A tenacious reader, I used to have difficulty putting down a book I’d started. Renewal after renewal at the library kept every book I went out of my way to select in my life, no matter how long it took me to read it or how painful it was to finish. I’d chosen that book, and it would be mine until I completed its last page.
I love commitment and follow-through. In my mind, abandonment is the worst crime a person can commit—and this extends to books. In seventh grade, I documented reading 154 books to completion over the year. Granted, the majority of these were from middle-grade series, consumable in a single sitting, but I’d read every one in sight, unbiased and all too hasty to get my hands on any type of story, even if it came to mean nothing to me. Deserting a book, a product of someone else’s imagination, was not an option.
No matter the size, subject, author or publisher, I couldn’t bring myself to return a book that had captured my interest. When I began working at a library as a 15-year-old, leaving behind a book that had captured my attention while shelving left it vulnerable to a reader who might not appreciate it as much as I would.
But most of the time, I would end up being that very reader. I wouldn’t value a book, instead just using it as a means of meeting some unrealistic goal to beat a personal record.
Now I see that letting go of a book doesn’t mean I’m not a committed reader; it just means that my life may not fit a certain story at a particular point in time. This doesn’t necessarily mean I'm putting it down forever. In a couple weeks, months, or years, I may feel inclined to pick it up again, when its topic or tone feels more apropos.
Now I take so much joy in what I do choose to read. I’m an English major; reading, writing and editing all day, every day. I have to be selective about what words I bring into my life simply because I don’t have enough time to read everything I’d like. My publishers send me review copies that go unread for months, defeating the purpose of having a review copy at all since most of the time they’ve been released to the public by the time I get to them. All too frequently, special galley copies I prize get relegated to the bottom of the pile on my nightstand. I get to them, though. I always do and I savor them more after the wait.

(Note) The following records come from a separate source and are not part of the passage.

-- ===== src/AnthropicRequest/Files.antt =====
-- What services/proxy/src/anthropic_request.rs uses of its temporary file.
use internal_ai_gateway.Base.{
  ℕ, zero, suc, ◌+◌, ◌≤◌, ◌≡◌, refl, ap, List, [], ◌∷◌, ◌++◌, append-nil, length, take, drop,
  Result, ok, arith,
}
use internal_ai_gateway.OpenAiRequest.{IoError}

-- Temporary files, by what is done with them. A reader is given the bytes from the file's position on; it
-- leaves the file at any other.
pub record Files : Type 1 where
  pub File : Type 0
  pub tempfile : Result IoError File
  pub write : List ℕ → File → Result IoError File
  pub flush : File → Result IoError File
  -- `seek(SeekFrom::Start(0))`.
  pub rewind : File → Result IoError File
  pub read : File → List ℕ × File

-- What a file is: its bytes and a position in them. A write replaces the bytes behind the position and
-- moves it to its own end.
pub record IsKept (files : Files) : Type 0 where
  pub contents : files.File → List ℕ
  pub position : files.File → ℕ
  pub empty : (f : files.File) → files.tempfile ≡ ok f → (contents f ≡ []) × (position f ≡ 0)
  pub written :
      (input : List ℕ) (f g : files.File)
      → files.write input f ≡ ok g
      → (contents g
          ≡ take (position f) (contents f)
            ++ (input ++ drop (position f + length input) (contents f)))
        × (position g ≡ position f + length input)
  pub flushed :
      (f g : files.File)
      → files.flush f ≡ ok g
      → (contents g ≡ contents f) × (position g ≡ position f)
  pub rewound :
      (f g : files.File) → files.rewind f ≡ ok g → (contents g ≡ contents f) × (position g ≡ 0)
  pub read_from :
      (f : files.File)
      → ((files.read f).0 ≡ drop (position f) (contents f))
        × (contents (files.read f).1 ≡ contents f)

take_all : (xs : List ℕ) → take (length xs) xs ≡ xs
take_all [] = refl
take_all (x ∷ xs) = ap (λ ys. x ∷ ys) (take_all xs)

drop_all : (n : ℕ) (xs : List ℕ) → length xs ≤ n → drop n xs ≡ []
drop_all zero [] h = refl
drop_all zero (x ∷ xs) h = absurd (omega arith)
drop_all (suc n) [] h = refl
drop_all (suc n) (x ∷ xs) h = drop_all n xs (omega arith)

-- A write at the end goes behind what is there.
pub at_the_end :
    (position n : ℕ) (xs input : List ℕ)
    → position ≡ length xs
    → take position xs ++ (input ++ drop (position + n) xs) ≡ xs ++ input
at_the_end position n xs input e =
    rw (e, take_all xs, drop_all (length xs + n) xs (omega arith))
      (ap (λ ys. xs ++ ys) (append-nil input))
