-- ===== src/AnthropicRequest/Prepare.antt =====
-- services/proxy/src/anthropic_request.rs: `prepare_anthropic_request`. What the reader of the body gives is the
-- list of its reads, of which one may fail; a temporary file takes all that is written to it at once or
-- fails, at the position where it stands.
use internal_ai_gateway.Base.{
  ℕ, ◌+◌, ◌*◌, ◌≤◌, ◌≡◌, sym, ap, subst, ◌∙◌, append_assoc, append-nil, inl, inr, Bool, true, false,
  List, [], ◌∷◌, ◌++◌, length, length-append, drop, ltb, if◌then◌else◌, Result, ok, err, map_err,
  >>=-ok, map_err-ok, ◌>>=◌, Result-cases, Bool-cases, u64_max, saturating_add, arith,
}
use internal_ai_gateway.Documents.{Document}
use internal_ai_gateway.OpenAiRequest.{IoError, file_too_large}
use internal_ai_gateway.AnthropicRequest.Files.{Files, IsKept, at_the_end}
use internal_ai_gateway.AnthropicRequest.{
  AnthropicRequestError, AnthropicRequestMetadata, spool_failed, worker_stopped,
  max_spooled_request_bytes, image_input_token_reserve, inspect_request, budget_of,
}

pub record PreparedAnthropicRequest : Type 0 where
  pub body : List ℕ
  pub streaming : Bool
  pub token_budget : ℕ

budget_ok :
    (body_bytes : ℕ) (metadata : AnthropicRequestMetadata) (budget : ℕ)
    → budget_of body_bytes metadata ≡ ok budget
    → (budget
        ≡ body_bytes + metadata.image_inputs * image_input_token_reserve + metadata.max_tokens)
      × (budget ≤ u64_max)
unfolding budget_of
budget_ok body_bytes metadata budget h = ground arith

unpacked :
    (x y : PreparedAnthropicRequest)
    → Path (Result AnthropicRequestError PreparedAnthropicRequest) (ok x) (ok y)
    → x ≡ y
unpacked x y e = cc

module _ (files : Files) (parse : List ℕ → Document) where
  open files use {File}

  -- `LimitedSpoolWriter::write`, with the bytes written before.
  unfoldable pub write : List ℕ → File × ℕ → Result IoError (File × ℕ)
  write input (file, written) =
      if ltb max_spooled_request_bytes (saturating_add written (length input))
      then err file_too_large
      else (do file ← files.write input file; ok (file, saturating_add written (length input)))

  -- `io::copy`.
  unfoldable pub copy : List (Result IoError (List ℕ)) → File × ℕ → Result IoError (File × ℕ)
  unfolding write
  copy [] writer = ok writer
  copy (err e ∷ reads) writer = err e
  copy (ok input ∷ reads) writer = elim (write input writer) [
    | ok next ↦ copy reads next
    | err e ↦ err e
  ]

  unfoldable pub spool : List (Result IoError (List ℕ)) → Result IoError (File × ℕ)
  unfolding copy
  spool reads = do
    file ← files.tempfile
    (file, written) ← copy reads (file, 0)
    file ← files.flush file
    file ← files.rewind file
    ok (file, written)

  -- `worker_stops` says whether the blocking task is lost.
  unfoldable pub prepare_anthropic_request :
      Bool → List (Result IoError (List ℕ)) → Result AnthropicRequestError PreparedAnthropicRequest
  unfolding spool inspect_request budget_of
  prepare_anthropic_request worker_stops reads = if worker_stops then err worker_stopped else (do
    (file, body_bytes) ← map_err spool_failed (spool reads)
    let (bytes, file) = files.read file
    metadata ← inspect_request (parse bytes)
    file ← map_err spool_failed (files.rewind file)
    token_budget ← budget_of body_bytes metadata
    ok (record {
      body = (files.read file).0;
      streaming = metadata.streaming;
      token_budget = token_budget;
    }))

  -- The bytes of the reads.
  unfoldable pub bytes_of : List (Result IoError (List ℕ)) → List ℕ
  bytes_of [] = []
  bytes_of (err e ∷ reads) = []
  bytes_of (ok input ∷ reads) = input ++ bytes_of reads

  module _ (kept : IsKept files) where
    pair-eq :
        (file after : File) (n m : ℕ)
        → Path (Result IoError (File × ℕ)) (ok (file, n)) (ok (after, m))
        → (file ≡ after) × (n ≡ m)
    pair-eq file after n m e = (cc, cc)

    err≢ok : (x : IoError) (w : File × ℕ) → Path (Result IoError (File × ℕ)) (err x) (ok w) → ⊥
    err≢ok x w e = cc

    fits :
        (written n : ℕ)
        → ltb max_spooled_request_bytes (saturating_add written n) ≡ false
        → (saturating_add written n ≡ written + n) × (written + n ≤ max_spooled_request_bytes)
    fits written n h = ground arith

    write_ok :
        (input : List ℕ) (file next : File) (written n : ℕ)
        → kept.position file ≡ length (kept.contents file)
        → write input (file, written) ≡ ok (next, n)
        → (kept.contents next ≡ kept.contents file ++ input)
          × (kept.position next ≡ length (kept.contents next))
          × (n ≡ written + length input)
          × (n ≤ max_spooled_request_bytes)
    unfolding write
    write_ok input file next written n at_end h =
        elim (Bool-cases (ltb max_spooled_request_bytes (saturating_add written (length input)))) [
          | inl q ↦ absurd (err≢ok file_too_large (next, n) (rw (q, write) at h))
          | inr q ↦ elim (Result-cases (files.write input file)) [
            | inr (x, r) ↦ absurd (err≢ok x (next, n) (rw (q, r, write, ◌>>=◌) at h))
            | inl (g, r) ↦
                let (eg, en) =
                  pair-eq g next (saturating_add written (length input)) n
                    (rw (q, r, write, ◌>>=◌) at h) in
                let (es, l) = fits written (length input) q in
                let (c, p) = kept.written input file g r in
                let whole =
                  ap kept.contents (sym eg)
                  ∙ c
                  ∙ at_the_end (kept.position file) (length input) (kept.contents file) input
                      at_end in
                (
                  whole,
                  ap kept.position (sym eg)
                      ∙ p
                      ∙ ap (λ x. x + length input) at_end
                      ∙ sym (length-append (kept.contents file) input)
                      ∙ ap length (sym whole),
                  sym en ∙ es,
                  omega (arith, en, es, l),
                )
          ]
        ]

    -- A copy that ends well has kept all the bytes and counted them, within the limit.
    copy_ok :
        (reads : List (Result IoError (List ℕ))) (file after : File) (written total : ℕ)
        → written ≤ max_spooled_request_bytes
        → written ≡ length (kept.contents file)
        → kept.position file ≡ length (kept.contents file)
        → copy reads (file, written) ≡ ok (after, total)
        → (kept.contents after ≡ kept.contents file ++ bytes_of reads)
          × (total ≡ length (kept.contents after))
          × (total ≤ max_spooled_request_bytes)
    unfolding copy bytes_of
    copy_ok [] file after written total l e at_end h =
        let (f, n) = pair-eq file after written total h in
        (
          ap kept.contents (sym f) ∙ sym (append-nil (kept.contents file)),
          sym n ∙ e ∙ ap (λ g. length (kept.contents g)) f,
          omega (arith, n, l),
        )
    copy_ok (err x ∷ reads) file after written total l e at_end h =
        absurd (err≢ok x (after, total) h)
    copy_ok (ok input ∷ reads) file after written total l e at_end h =
        elim (Result-cases (write input (file, written))) [
          | inr (x, q) ↦ absurd (err≢ok x (after, total) (rw (q, copy) at h))
          | inl ((next, n), q) ↦
              let (c, p, m, k) = write_ok input file next written n at_end q in
              let (d, t, v) =
                copy_ok reads next after n total k
                  (m
                    ∙ ap (λ x. x + length input) e
                    ∙ sym (length-append (kept.contents file) input)
                    ∙ ap length (sym c))
                  p (rw (q, copy) at h) in
              (
                d
                    ∙ ap (λ x. x ++ bytes_of reads) c
                    ∙ append_assoc (kept.contents file) input (bytes_of reads),
                t,
                v,
              )
        ]

    spool_ok :
        (reads : List (Result IoError (List ℕ))) (file : File) (total : ℕ)
        → spool reads ≡ ok (file, total)
        → (kept.contents file ≡ bytes_of reads)
          × (kept.position file ≡ 0)
          × (total ≡ length (bytes_of reads))
          × (total ≤ max_spooled_request_bytes)
    unfolding spool
    spool_ok reads file total h =
        let (f, ef, h1) = >>=-ok files.tempfile _ (file, total) h in
        let ((g, n), eg, h2) = >>=-ok (copy reads (f, 0)) _ (file, total) h1 in
        let (i, ei, h3) = >>=-ok (files.flush g) _ (file, total) h2 in
        let (j, ej, h4) = >>=-ok (files.rewind i) _ (file, total) h3 in
        let (e, at_start) = kept.empty f ef in
        let (c, t, l) =
          copy_ok reads f g 0 n (omega arith) (ap length (sym e)) (at_start ∙ ap length (sym e))
            eg in
        let (r, z) = kept.rewound i j ej in
        let (same, count) = pair-eq j file n total h4 in
        let d = c ∙ ap (λ x. x ++ bytes_of reads) e in
        (
          ap kept.contents (sym same) ∙ r ∙ (kept.flushed g i ei).0 ∙ d,
          ap kept.position (sym same) ∙ z,
          sym count ∙ t ∙ ap length d,
          omega (arith, count, l),
        )

    -- A prepared request has for its body the bytes that the client sent, each once and in their order, and
    -- the budget is their number, the reserve of each image, and the tokens that the request asks for at
    -- most. The body is within its limit, and the budget within 64 bits.
    pub prepare_anthropic_request_ok :
        (worker_stops : Bool) (reads : List (Result IoError (List ℕ)))
        (prepared : PreparedAnthropicRequest)
        → prepare_anthropic_request worker_stops reads ≡ ok prepared
        → (metadata : AnthropicRequestMetadata) × (inspect_request (parse (bytes_of reads))
            ≡ ok metadata)
          × (prepared.body ≡ bytes_of reads)
          × (prepared.streaming ≡ metadata.streaming)
          × (prepared.token_budget
              ≡ length (bytes_of reads)
                + metadata.image_inputs * image_input_token_reserve
                + metadata.max_tokens)
          × (length (bytes_of reads) ≤ max_spooled_request_bytes)
          × (prepared.token_budget ≤ u64_max)
    unfolding prepare_anthropic_request
    prepare_anthropic_request_ok true reads prepared h = absurd (never h)
      where
        never :
            Path
              (Result AnthropicRequestError PreparedAnthropicRequest)
              (err worker_stopped)
              (ok prepared)
            → ⊥
        never e = cc
    prepare_anthropic_request_ok false reads prepared h =
        let ((file, total), ef, h1) = >>=-ok (map_err spool_failed (spool reads)) _ prepared h in
        let (metadata, em, h2) =
          >>=-ok (inspect_request (parse (files.read file).0)) _ prepared h1 in
        let (again, ea, h3) =
          >>=-ok (map_err spool_failed (files.rewind (files.read file).1)) _ prepared h2 in
        let (budget, eb, h4) = >>=-ok (budget_of total metadata) _ prepared h3 in
        let (c, z, t, l) = spool_ok reads file total (map_err-ok spool_failed _ (file, total) ef) in
        let (b, u) = budget_ok total metadata budget eb in
        let e = unpacked _ prepared h4 in
        let (first, left) = kept.read_from file in
        let (same, start) =
          kept.rewound (files.read file).1 again (map_err-ok spool_failed _ again ea) in
        let inspected = first ∙ ap (λ n. drop n (kept.contents file)) z ∙ c in
        let passed_on =
          (kept.read_from again).0
          ∙ ap (λ n. drop n (kept.contents again)) start
          ∙ same
          ∙ left
          ∙ c in
        let bytes = ap length c in
        (
          metadata,
          subst (λ x. inspect_request (parse x) ≡ ok metadata) inspected em,
          ap (λ x. x.body) (sym e) ∙ passed_on,
          ap (λ x. x.streaming) (sym e),
          ap (λ x. x.token_budget) (sym e)
              ∙ b
              ∙ ap
                  (λ x. x + metadata.image_inputs * image_input_token_reserve + metadata.max_tokens)
                  t,
          omega (arith, t, l),
          subst (λ x. x ≤ u64_max) (ap (λ x. x.token_budget) e) u,
        )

As it stands, my “To Read” list is over 185 books long. I’d love to get to them all immediately, but my time is precious; if I start one and hate it, ceasing reading at page 30 is okay. I’m careful in selecting the words that will mean the most to me. While my previous reading methods gave me wonderful insight into the minds of so many different authors, I get to know the minds of the creators of the works I do complete more intimately now. I’m less voracious but more considered, reading 40 books a year, tops. Life is too short to read something that won’t change your world.